Für den Alltag nutze ich in der Zwischenzeit freemind. Dabei handelt es sich um ein einfaches kostenloses Mindmapping-Tool.

Gruß
Dieter


----------



## RobiHerb (27 Mai 2012)

*Wiki*



Matze001 schrieb:


> Erfahrung und Gedächtnis!
> 
> Ne mal im Ernst. Ich denke mal nicht das ein Firmeninternes "Wikipedia der Fehler" sich durchsetzen würde.
> Einige Sachen die wir machen, machen wir so selten das wir dafür Arbeitsanweisungen erstellt haben, aber sonst...
> ...



Doch, das geht und es ist rechr einfach zu handhaben mit einer Freeware Wiki Software. Ich habe das seinerzeit bei der Lenze EtherCAT Entwicklung intern mit dem Kollegen L. eingeführt und war erstaunt, wie schnell wir eine Wissensbasis aus der Praxis aufbauen konnten.

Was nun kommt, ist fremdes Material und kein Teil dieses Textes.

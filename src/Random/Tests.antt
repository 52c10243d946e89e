-- ===== src/Random/Tests.antt =====
-- Three items, of which one weighs nothing, in a type of eight bits; and a draw that repeats an element.
use czx.Base.{ℕ, ◌≡◌, refl, List, [], ◌∷◌, Option, some, arith, nat_eq}
use czx.Random.{WeightItem, new_weight_pool, random, slices_random, draw_loop}
use czx.Random.Choice.{weight_sum, owner, random-owner}

abbrev items : List (WeightItem ℕ)
items =
    record { value = 10; weight = 3 }
    ∷ record { value = 20; weight = 0 }
    ∷ record { value = 30; weight = 2 }
    ∷ []

sum_is : weight_sum items ≡ 5
unfolding weight_sum
sum_is = refl

random-owner_example :
    (v : ℕ) × (random 0 (new_weight_pool 8 items) 3 ≡ some v) × (owner items 3 ≡ some v)
random-owner_example =
    random-owner 0 8 items 3 (let s = sum_is in omega arith) (let s = sum_is in omega arith)
      (let s = sum_is in omega arith)

drawn_twice : slices_random {T = ℕ} (7 ∷ 8 ∷ []) 2 (1 ∷ 1 ∷ []) ≡ some (8 ∷ 8 ∷ [])
unfolding slices_random draw_loop czx.Base.Dict.has czx.Base.Dict.lookup
drawn_twice = refl
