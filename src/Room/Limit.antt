-- ===== src/Room/Limit.antt =====
-- room/room.go: the limit on the players, when calls of Join and Leave from several goroutines
-- interleave at the room's lock.
use Prim.Native.String.{String}
use czx.Base.{
  ℕ, ◌≤◌, ◌<◌, ◌≡◌, false, List, [], ◌∷◌, Option, none, some, arith, if_cases, string_eq,
}
use czx.Base.Int.{ℤ, pos, negsuc, geb, to_nat}
use czx.Container.CMap.{len, has_key, delete}
use czx.Container.CMap.Inv.{IsValid, set_key-IsValid, delete-IsValid, length-delete, length-set_key}
use czx.Room.{Room, join_reserve, join_settle, leave}

-- The steps that change the players: each is one stretch under the lock. An answer of the processor
-- may come for any player at any time.
pub data Event (E : Type 0) : Type 0 where
  reserve : String → Event E
  settle : String → Option E → Event E
  remove : String → Event E

not_full : (n : ℕ) (m : ℤ) → geb n m ≡ false → n < to_nat m
not_full n (pos m) h = ground arith
not_full n (negsuc m) h = absurd (cc h)

module _ {L E : Type 0} where
  pub step : Room L E → Event E → Room L E
  step r (reserve id) = (join_reserve r id).0
  step r (settle id answer) = join_settle r id answer
  step r (remove id) = (leave r id).0

  pub run : Room L E → List (Event E) → Room L E
  run r [] = r
  run r (x ∷ xs) = run (step r x) xs

  -- The players are within the limit (none, if the limit is negative), and their map is well formed.
  abbrev pub IsBounded : Room L E → Type 0
  IsBounded r = (len r.players ≤ to_nat r.max_players) × IsValid r.players

  reserve-IsBounded : (r : Room L E) (id : String) → IsBounded r → IsBounded (join_reserve r id).0
  unfolding join_reserve
  reserve-IsBounded r id h =
      let P = λ (s : Room L E × Option _). IsBounded s.0 in
      if_cases P (has_key r.players id) _ _ (λ _. h)
        (λ _.
          if_cases P (geb (len r.players) r.max_players) _ _ (λ _. h)
            (λ free.
              let room = not_full (len r.players) r.max_players free in
              let more = length-set_key r.players id tt in
              (omega arith, set_key-IsValid r.players id tt h.1)))

  delete-IsBounded :
      (r : Room L E) (id : String)
      → IsBounded r
      → IsBounded (record r { players = delete r.players id })
  delete-IsBounded r id h =
      let fewer = length-delete r.players id in (omega arith, delete-IsValid r.players id h.1)

  step-IsBounded : (r : Room L E) (x : Event E) → IsBounded r → IsBounded (step r x)
  unfolding step leave join_settle
  step-IsBounded r (reserve id) h = reserve-IsBounded r id h
  step-IsBounded r (settle id none) h = h
  step-IsBounded r (settle id (some e)) h = delete-IsBounded r id h
  step-IsBounded r (remove id) h = delete-IsBounded r id h

  -- A room whose players are within its limit keeps them within it, whatever sequence of first and
  -- second halves of Join (for any players, with any answers) and of Leave runs on it.
  pub run-IsBounded : (r : Room L E) (xs : List (Event E)) → IsBounded r → IsBounded (run r xs)
  unfolding run
  run-IsBounded r [] h = h
  run-IsBounded r (x ∷ xs) h = run-IsBounded (step r x) xs (step-IsBounded r x h)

Bei Bosch hatten wir das 1985 mit Kartei Karten gelöst.


----------



## dalbi (28 Mai 2012)

Hi,



Controllfreak schrieb:


> Hallo,
> 
> wer kennt es nicht eine Anlage oder Steuerung hat ein Problem und irgendwie kommt einem alles bekannt vor.
> Den Fehler gab es schon einmal, aber wie hat man selbst oder der Kollege den Fehler in der Vergangenheit gelöst?
> ...



z.B. http://www.dokuwiki.org/

Gruss Daniel


----------



## schichtelektriker (10 Juni 2012)

Hallo, 
wir nutzen seit ca. zehn Jahren eine Störungstabelle in Excel, 
gegliedert nach Datum, Schicht, Name und Anlage. 
Funktioniert recht gut, da man die Filter- und Suchfunktion nutzen kann. 
Man muss nur alle Kollegen dazu anhalten, auch alles Relevante einzutragen. 

Viele Grüsse


----------



## Sockenralf (10 Juni 2012)

Hallo,

wir dokumentieren unsere Zeiten für das Controlling in einer Access-Datenbank.
Dort wird auch eingetragen, welche Anlage, welche Kostenstelle, welche Zeit --> eben für´s Controlling
Weiterhin tragen wir ein: wer hat´s gemacht, was war der Fehler, wie wurde er gefunden, was wurde gemacht (Freitext), wann kam die Störungsmeldung etc. --> Davon einen Ausdruck in den "Notizenordner" (quasi ein elektrisches Logbuch) an der Anlage --> jeder MA kann immer blättern, was denn so alles an der Anlage passiert ist.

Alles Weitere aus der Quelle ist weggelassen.